People’s expectations about their health can influence their behaviour and determine their future health, so it’s important that we understand people’s expectations and any ways in which they diverge from reality. This paper considers the effect of a health shock on people’s expectations about how long they will live. The authors focus on survival probability, measured objectively (i.e. what actually happens to these patients) and subjectively (i.e. what the patients expect), and the extent to which the latter corresponds to the former. The arguments presented are couched within the concept of hedonic adaptation. So the question is – if post-shock expectations return to pre-shock expectations after a period of time – whether this is because people are recovering from the disease or because they are moving their reference point. Data are drawn from the Health and Retirement Study. Subjective survival probability is scaled to whether individuals expect to survive for 2 years. Cancer, stroke, and myocardial infarction are the health shocks used. The analysis uses some lagged regression models, separate for each of the three diagnoses, with objective and subjective survival probability as the dependent variable. There’s a bit of a jumble of things going on in this paper, with discussions of adaptation, survival, self-assessed health, optimism, and health behaviours. So it’s a bit difficult to see the wood for the trees. But the authors find the effect they’re looking for. Objective survival probability is negatively affected by a health shock, as is subjective survival probability. But then subjective survival starts to return to pre-shock trends whereas objective survival does not. The authors use this finding to suggest that there is adaptation. I’m not sure about this interpretation. To me it seems as if subjective life expectancy is only weakly responsive to changes in objective life expectancy. The findings seem to have more to do with how people process information about their probability of survival than with how they adapt to a situation. So while this is an interesting study about how people process changes in survival probability, I’m not sure what it has to do with adaptation.

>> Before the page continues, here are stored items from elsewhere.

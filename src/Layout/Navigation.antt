-- ===== src/Layout/Navigation.antt =====
-- frontend/src/layout/useDashboardNavigation.ts: the hook's view beside the browser's address.
-- Effects and listeners become steps on a state. A page with no `window` is `none` in
-- `current_dashboard_view`; the title effect of lines 47 to 49 is the function `document_title`.
pub mod Laws
use sih.Prelude.{
  String, ◌≡◌, Bool, true, false, not, Option, none, some, List, [], ◌∷◌, ◌++◌, ◌&&◌, if◌then◌else◌,
  ◌===◌,
}
use sih.Prelude.Runtime.{Runtime}
use Prim.Native.String.{◌++◌ as append_text}
use sih.Layout.Views.{
  DashboardRole, DashboardView, driver, spatial, supervisor, default_dashboard_view,
  resolve_dashboard_route, dashboard_role_from_hash, dashboard_view_label,
}

-- `window.location.hash` and the entries of `window.history`, the shown one first.
pub record Browser : Type 0 where
  pub hash : String
  pub entries : List String

pub record Navigation : Type 0 where
  pub view : DashboardView
  pub browser : Browser

abbrev pub is_driver : DashboardRole → Bool
is_driver driver = true
is_driver supervisor = false

abbrev pub same_role : DashboardRole → DashboardRole → Bool
same_role driver driver = true
same_role supervisor supervisor = true
same_role _ _ = false

-- `history.replaceState(null, "", hash)` overwrites the entry that is shown.
abbrev pub replace_shown : String → List String → List String
replace_shown hash [] = hash ∷ []
replace_shown hash (_ ∷ older) = hash ∷ older

unfoldable pub replace_state : String → Browser → Browser
replace_state hash b = record { hash = hash; entries = replace_shown hash b.entries }

-- `history.pushState(null, "", hash)`
unfoldable pub push_state : String → Browser → Browser
push_state hash b = record { hash = hash; entries = hash ∷ b.entries }

module _ (js : Runtime) (static_demo : Bool) (role : DashboardRole) where
  unfoldable pub current_dashboard_view : Option Browser → DashboardView
  unfolding default_dashboard_view
  current_dashboard_view none = default_dashboard_view role
  current_dashboard_view (some b) =
      if static_demo && is_driver role && b.hash === ""
      then spatial
      else (resolve_dashboard_route js role b.hash).view

  unfoldable pub normalize_location : Browser → Navigation
  unfolding replace_state
  normalize_location b =
      let route = resolve_dashboard_route js role b.hash in
      record {
        view = route.view;
        browser = if not (b.hash === route.hash) then replace_state route.hash b else b;
      }

  -- The listener of `hashchange` and `popstate`.
  unfoldable pub sync_from_location : Navigation → Navigation
  unfolding normalize_location
  sync_from_location n = elim (dashboard_role_from_hash js n.browser.hash) [
    | none ↦ normalize_location n.browser
    | some linked ↦ if not (same_role linked role) then n else normalize_location n.browser
  ]

  unfoldable pub navigate : String → Navigation → Navigation
  unfolding push_state
  navigate requested n =
      let route = resolve_dashboard_route js role requested in
      record {
        view = route.view;
        browser =
            if not (n.browser.hash === route.hash)
            then push_state route.hash n.browser
            else n.browser;
      }

unfoldable pub document_title : DashboardView → String
unfolding dashboard_view_label
document_title view = append_text (dashboard_view_label view) " | MI Sense"
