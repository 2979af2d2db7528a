-- ===== src/Layout/Views/Laws.antt =====
-- Links and roles: no link opens a view that the role may not see, and links round-trip.
use sih.Prelude.{String, ◌≡◌, refl, true, Option, none, some, arith, Bool-cases, inl, inr}
use sih.Prelude.Runtime.{Runtime}
use text.Mathlib.Text.{starts_with}
use sih.Layout.Views.{
  DashboardRole, DashboardView, driver, spatial, supervisor, settings, granted, view_text,
  is_dashboard_view_allowed, default_dashboard_view, dashboard_view_hash, view_by_hash,
  requested_view, resolve_dashboard_route, dashboard_role_from_hash, dashboard_view_from_hash,
}

default_allowed :
    (role : DashboardRole) → is_dashboard_view_allowed role (default_dashboard_view role) ≡ true
unfolding is_dashboard_view_allowed default_dashboard_view
default_allowed driver = refl
default_allowed supervisor = refl

granted_allowed :
    (role : DashboardRole) (v : Option DashboardView)
    → is_dashboard_view_allowed role (granted role v) ≡ true
granted_allowed role none = default_allowed role
granted_allowed role (some view) = elim (Bool-cases (is_dashboard_view_allowed role view)) [
  | inl e ↦ rw e e
  | inr e ↦ rw e (default_allowed role)
]

-- Lower-casing leaves the four hashes of the table as they are, since they are in lower case.
abbrev pub KeepsHashes : Runtime → Type 0
KeepsHashes js =
    (v : DashboardView) → js.to_lower_case (dashboard_view_hash v) ≡ dashboard_view_hash v

starts_with-hash : (v : DashboardView) → starts_with (dashboard_view_hash v) "#" ≡ true
unfolding dashboard_view_hash
starts_with-hash driver = refl
starts_with-hash spatial = refl
starts_with-hash supervisor = refl
starts_with-hash settings = refl

view_by_hash-hash : (v : DashboardView) → view_by_hash (dashboard_view_hash v) ≡ some v
unfolding view_by_hash dashboard_view_hash
view_by_hash-hash driver = refl
view_by_hash-hash spatial = refl
view_by_hash-hash supervisor = refl
view_by_hash-hash settings = refl

requested_view-text : (js : Runtime) (v : DashboardView) → requested_view js (view_text v) ≡ some v
unfolding requested_view
requested_view-text js driver = refl
requested_view-text js spatial = refl
requested_view-text js supervisor = refl
requested_view-text js settings = refl

module _ (js : Runtime) where
  -- Whatever destination is requested, the view that opens is one of the role's own, and the
  -- address shown for it is that view's hash.
  pub resolve-allowed :
      (role : DashboardRole) (destination : String)
      → let route = resolve_dashboard_route js role destination in
        (is_dashboard_view_allowed role route.view ≡ true)
        × (route.hash ≡ dashboard_view_hash route.view)
  unfolding resolve_dashboard_route
  resolve-allowed role destination = (granted_allowed role (requested_view js destination), refl)

  requested_view-hash :
      KeepsHashes js → (v : DashboardView) → requested_view js (dashboard_view_hash v) ≡ some v
  unfolding requested_view
  requested_view-hash keeps v = rw (starts_with-hash v, keeps v) (view_by_hash-hash v)

  -- Where lower-casing keeps the four hashes, a role that may see a view reaches it by the view's
  -- hash and by its name alike.
  pub resolve-reaches :
      KeepsHashes js
      → (role : DashboardRole) (v : DashboardView) → is_dashboard_view_allowed role v ≡ true
      → ((resolve_dashboard_route js role (dashboard_view_hash v)).view ≡ v)
        × ((resolve_dashboard_route js role (view_text v)).view ≡ v)
  unfolding resolve_dashboard_route
  resolve-reaches keeps role v allowed =
      (rw (requested_view-hash keeps v, allowed) refl, rw (requested_view-text js v, allowed) refl)

  -- Where lower-casing keeps the four hashes, the address that a route shows leads back to the
  -- same route.
  pub resolve_idempotent :
      KeepsHashes js
      → (role : DashboardRole) (destination : String)
      → let route = resolve_dashboard_route js role destination in
        resolve_dashboard_route js role route.hash ≡ route
  unfolding resolve_dashboard_route
  resolve_idempotent keeps role destination =
      let v = granted role (requested_view js destination) in
      rw (requested_view-hash keeps v, granted_allowed role (requested_view js destination)) refl

  -- A link that carries a role names a view that this role may see.
  pub role_from_hash-allowed :
      (hash : String) {role : DashboardRole}
      → dashboard_role_from_hash js hash ≡ some role
      → is_dashboard_view_allowed role (dashboard_view_from_hash js hash) ≡ true
  unfolding dashboard_role_from_hash dashboard_view_from_hash is_dashboard_view_allowed
  role_from_hash-allowed hash h = ground arith
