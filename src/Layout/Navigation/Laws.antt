-- ===== src/Layout/Navigation/Laws.antt =====
-- What the navigation hook guarantees after each of its steps.
use sih.Prelude.{
  String, ◌≡◌, ◌≢◌, ◌⊎◌, ◌+◌, ◌≤◌, refl, Bool, true, false, some, none, Bool-cases, Option-cases,
  inl, inr, arith, length, eq_iff, ◌===◌, ap, ◌∙◌,
}
use sih.Prelude.Runtime.{Runtime}
use sih.Layout.Views.{
  DashboardRole, is_dashboard_view_allowed, dashboard_view_hash, resolve_dashboard_route,
  dashboard_role_from_hash,
}
use sih.Layout.Views.Laws.{resolve-allowed}
use sih.Layout.Navigation.{
  Browser, Navigation, normalize_location, sync_from_location, navigate, same_role,
}

-- The shown view is one of the role's own, and the address bar shows its hash.
pub record IsSettled (role : DashboardRole) (n : Navigation) : Type 0 where
  pub allowed : is_dashboard_view_allowed role n.view ≡ true
  pub shown : n.browser.hash ≡ dashboard_view_hash n.view

same_role-eq : (a b : DashboardRole) → same_role a b ≡ true → a ≡ b
same_role-eq a b h = ground arith

same_role-ne : (a b : DashboardRole) → same_role a b ≡ false → a ≢ b
same_role-ne a b h = ground arith

module _ (js : Runtime) (static_demo : Bool) (role : DashboardRole) where
  -- Following a link or name inside the page leaves a view of the role's own whose hash the
  -- address shows, and adds at most one entry to the history.
  navigate-IsSettled :
      (requested : String) (n : Navigation)
      → let n' = navigate js static_demo role requested n in
        IsSettled role n' × (length n'.browser.entries ≤ length n.browser.entries + 1)
  unfolding navigate
  navigate-IsSettled requested n =
      let route = resolve_dashboard_route js role requested in
      let (allowed, shown) = resolve-allowed js role requested in
      elim (Bool-cases (n.browser.hash === route.hash)) [
        | inl e ↦ rw e (record { allowed = allowed; shown = (eq_iff _ _).0 e ∙ shown }, omega arith)
        | inr e ↦ rw e (record { allowed = allowed; shown = shown }, omega arith)
      ]

  normalize-IsSettled : (b : Browser) → IsSettled role (normalize_location js static_demo role b)
  unfolding normalize_location
  normalize-IsSettled b =
      let route = resolve_dashboard_route js role b.hash in
      let (allowed, shown) = resolve-allowed js role b.hash in
      elim (Bool-cases (b.hash === route.hash)) [
        | inl e ↦ rw e (record { allowed = allowed; shown = (eq_iff _ _).0 e ∙ shown })
        | inr e ↦ rw e (record { allowed = allowed; shown = shown })
      ]

  -- After the address changes, the shown view is one of the role's own and the address shows its
  -- hash, unless the address is a link of the other role; such a link changes neither the view nor
  -- the history.
  pub sync-IsSettled :
      (n : Navigation)
      → let linked = dashboard_role_from_hash js n.browser.hash in
        let n' = sync_from_location js static_demo role n in
        (IsSettled role n' × ((linked ≡ none) ⊎ (linked ≡ some role)))
        ⊎ ((n' ≡ n) × (linked ≢ none) × (linked ≢ some role))
  unfolding sync_from_location
  sync-IsSettled n = elim (Option-cases (dashboard_role_from_hash js n.browser.hash)) [
    | inl e ↦ inl (rw (e, sync_from_location) (normalize-IsSettled n.browser), inl e)
    | inr (linked, e) ↦ elim (Bool-cases (same_role linked role)) [
      | inl s ↦ inl (
        rw (e, sync_from_location, s) (normalize-IsSettled n.browser),
        inr (e ∙ ap some (same_role-eq linked role s)),
      )
      | inr s ↦
          inr (rw (e, sync_from_location, s) refl, λ q. cc, λ q. same_role-ne linked role s (cc))
    ]
  ]
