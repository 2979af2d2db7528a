-- ===== src/Layout/Theme.antt =====
-- frontend/src/theme.ts: the light and the dark theme, over the browser's local storage.
pub mod Laws
use sih.Prelude.{String, Bool, true, false, Option, none, some, if◌then◌else◌, ◌===◌, get_or}
use sih.Auth.RoleSession.{WebStorage}

pub data Theme : Type 0 where
  light dark : Theme

abbrev pub theme_storage_key : String
theme_storage_key = "fogsen-theme"

abbrev pub theme_text : Theme → String
theme_text light = "light"
theme_text dark = "dark"

unfoldable pub resolve_theme : Option String → Bool → Theme
resolve_theme stored prefers_dark =
    let preferred = if prefers_dark then dark else light in
    elim stored [
      | none ↦ preferred
      | some text ↦ if text === "light" then light else if text === "dark" then dark else preferred
    ]

unfoldable pub opposite_theme : Theme → Theme
opposite_theme dark = light
opposite_theme light = dark

-- What `applyTheme` sets of a document: the two properties of its root, and the content of the
-- `meta` element, where there is one.
pub record Document : Type 0 where
  pub theme : Option String
  pub color_scheme : Option String
  pub theme_color : Option String

abbrev pub color_of : Theme → String
color_of dark = "#0a0d12"
color_of light = "#f4f6f8"

unfoldable pub apply_theme : Theme → Option Document → Option Document
apply_theme theme' none = none
apply_theme theme' (some page) = some (record {
  theme = some (theme_text theme');
  color_scheme = some (theme_text theme');
  theme_color = elim page.theme_color [ none ↦ none | some color ↦ some (color_of theme') ];
})

module _ (web : WebStorage) where
  open web use {Items, get_item, set_item}

  -- `window`: its local storage, and what the `prefers-color-scheme` query answers, where there is
  -- `matchMedia`.
  pub record Window : Type 0 where
    pub storage : Items
    pub prefers_dark : Option Bool

  -- A storage that throws is read as one without a theme.
  abbrev pub stored_theme : Items → Option String
  stored_theme items = elim (get_item items theme_storage_key) [ none ↦ none | some value ↦ value ]

  unfoldable pub read_initial_theme : Option Window → Theme
  unfolding resolve_theme
  read_initial_theme none = dark
  read_initial_theme (some window) =
      resolve_theme (stored_theme window.storage) (get_or window.prefers_dark true)

  unfoldable pub save_theme : Theme → Option Window → Option Window
  save_theme theme' none = none
  save_theme theme' (some window) =
      elim (set_item window.storage theme_storage_key (theme_text theme')) [
        | none ↦ some window
        | some items ↦ some (record window { storage = items })
      ]
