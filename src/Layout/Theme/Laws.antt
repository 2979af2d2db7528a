-- ===== src/Layout/Theme/Laws.antt =====
-- theme.ts: a saved theme is the one that the next visit starts with.
use sih.Prelude.{
  arith, String, Bool, ◌≡◌, ◌⊎◌, inl, inr, refl, ap, ◌∙◌, Option, none, some, Option-cases, get_or,
  true,
}
use sih.Auth.RoleSession.{WebStorage}
use sih.Auth.RoleSession.Laws.{IsStorage}
use sih.Layout.Theme.{
  Theme, light, dark, theme_text, theme_storage_key, resolve_theme, Window, stored_theme,
  read_initial_theme, save_theme,
}

resolve-theme_text :
    (theme : Theme) (prefers_dark : Bool)
    → resolve_theme (some (theme_text theme)) prefers_dark ≡ theme
unfolding resolve_theme
resolve-theme_text light prefers_dark = refl
resolve-theme_text dark prefers_dark = refl

module _ (web : WebStorage) where
  saved :
      (theme : Theme) (window : Window web) {items : web.Items}
      → web.set_item window.storage theme_storage_key (theme_text theme) ≡ some items
      → save_theme web theme (some window) ≡ some (record window { storage = items })
  unfolding save_theme
  saved theme window e = rw (e, save_theme) refl

  not_saved :
      (theme : Theme) (window : Window web)
      → web.set_item window.storage theme_storage_key (theme_text theme) ≡ none
      → save_theme web theme (some window) ≡ some window
  unfolding save_theme
  not_saved theme window e = rw (e, save_theme) refl

  stored_of :
      (items : web.Items) {value : Option String}
      → web.get_item items theme_storage_key ≡ some value
      → stored_theme web items ≡ value
  stored_of items e = ground arith

  read_saved :
      (theme : Theme) (window : Window web)
      → web.get_item window.storage theme_storage_key ≡ some (some (theme_text theme))
      → read_initial_theme web (some window) ≡ theme
  unfolding read_initial_theme
  read_saved theme window e =
      ap (λ stored. resolve_theme stored (get_or window.prefers_dark true))
        (stored_of window.storage e)
      ∙ resolve-theme_text theme (get_or window.prefers_dark true)

  -- If the storage takes the write, the saved theme is the one that the next visit starts with,
  -- whatever colours the system prefers; if it refuses the write, saving leaves the window as it
  -- was.
  pub read_initial_theme-save_theme :
      IsStorage web
      → (theme : Theme) (window : Window web)
      → ((items : web.Items) × (web.set_item window.storage theme_storage_key (theme_text theme)
            ≡ some items)
          × (read_initial_theme web (save_theme web theme (some window)) ≡ theme))
        ⊎ ((web.set_item window.storage theme_storage_key (theme_text theme) ≡ none)
            × (save_theme web theme (some window) ≡ some window))
  read_initial_theme-save_theme laws theme window =
      elim (Option-cases (web.set_item window.storage theme_storage_key (theme_text theme))) [
        | inl e ↦ inr (e, not_saved theme window e)
        | inr (items, e) ↦ inl (
          items,
          e,
          ap (read_initial_theme web) (saved theme window e)
              ∙ read_saved theme (record window { storage = items })
                  (laws.get-set window.storage theme_storage_key (theme_text theme) e),
        )
      ]
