-- ===== src/Settings.antt =====
-- frontend/src/settings: where the range sensors stand and how they are shown.
pub mod Sensors
pub mod Hook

3L, 5L, what the L? A NICE conundrum. PharmacoEconomics [PubMed] Published 26th February 2018

In my last round-up, I said I was going to write a follow-up blog post to an editorial on the EQ-5D-5L. I didn’t get round to it, but that’s probably best as there has since been a flurry of other editorials and commentaries on the subject. Here’s one of them. This commentary considers the perspective of NICE in deciding whether to support the use of the EQ-5D-5L and its English value set. The authors point out the differences between the 3L and 5L, namely the descriptive systems and the value sets. Examples of the 5L descriptive system’s advantages are provided: a reduced ceiling effect, reduced clustering, better discriminative ability, and the benefits of doing away with the ‘confined to bed’ level of the mobility domain. Great! On to the value set. There are lots of differences here, with 3 main causes: the data, the preference elicitation methods, and the modelling methods. We can’t immediately determine whether these differences are improvements or not. The authors stress the point that any differences observed will be in large part due to quirks in the original 3L value set rather than in the 5L value set. Nevertheless, the commentary is broadly supportive of a cautionary approach to 5L adoption. I’m not. Time for that follow-up blog post.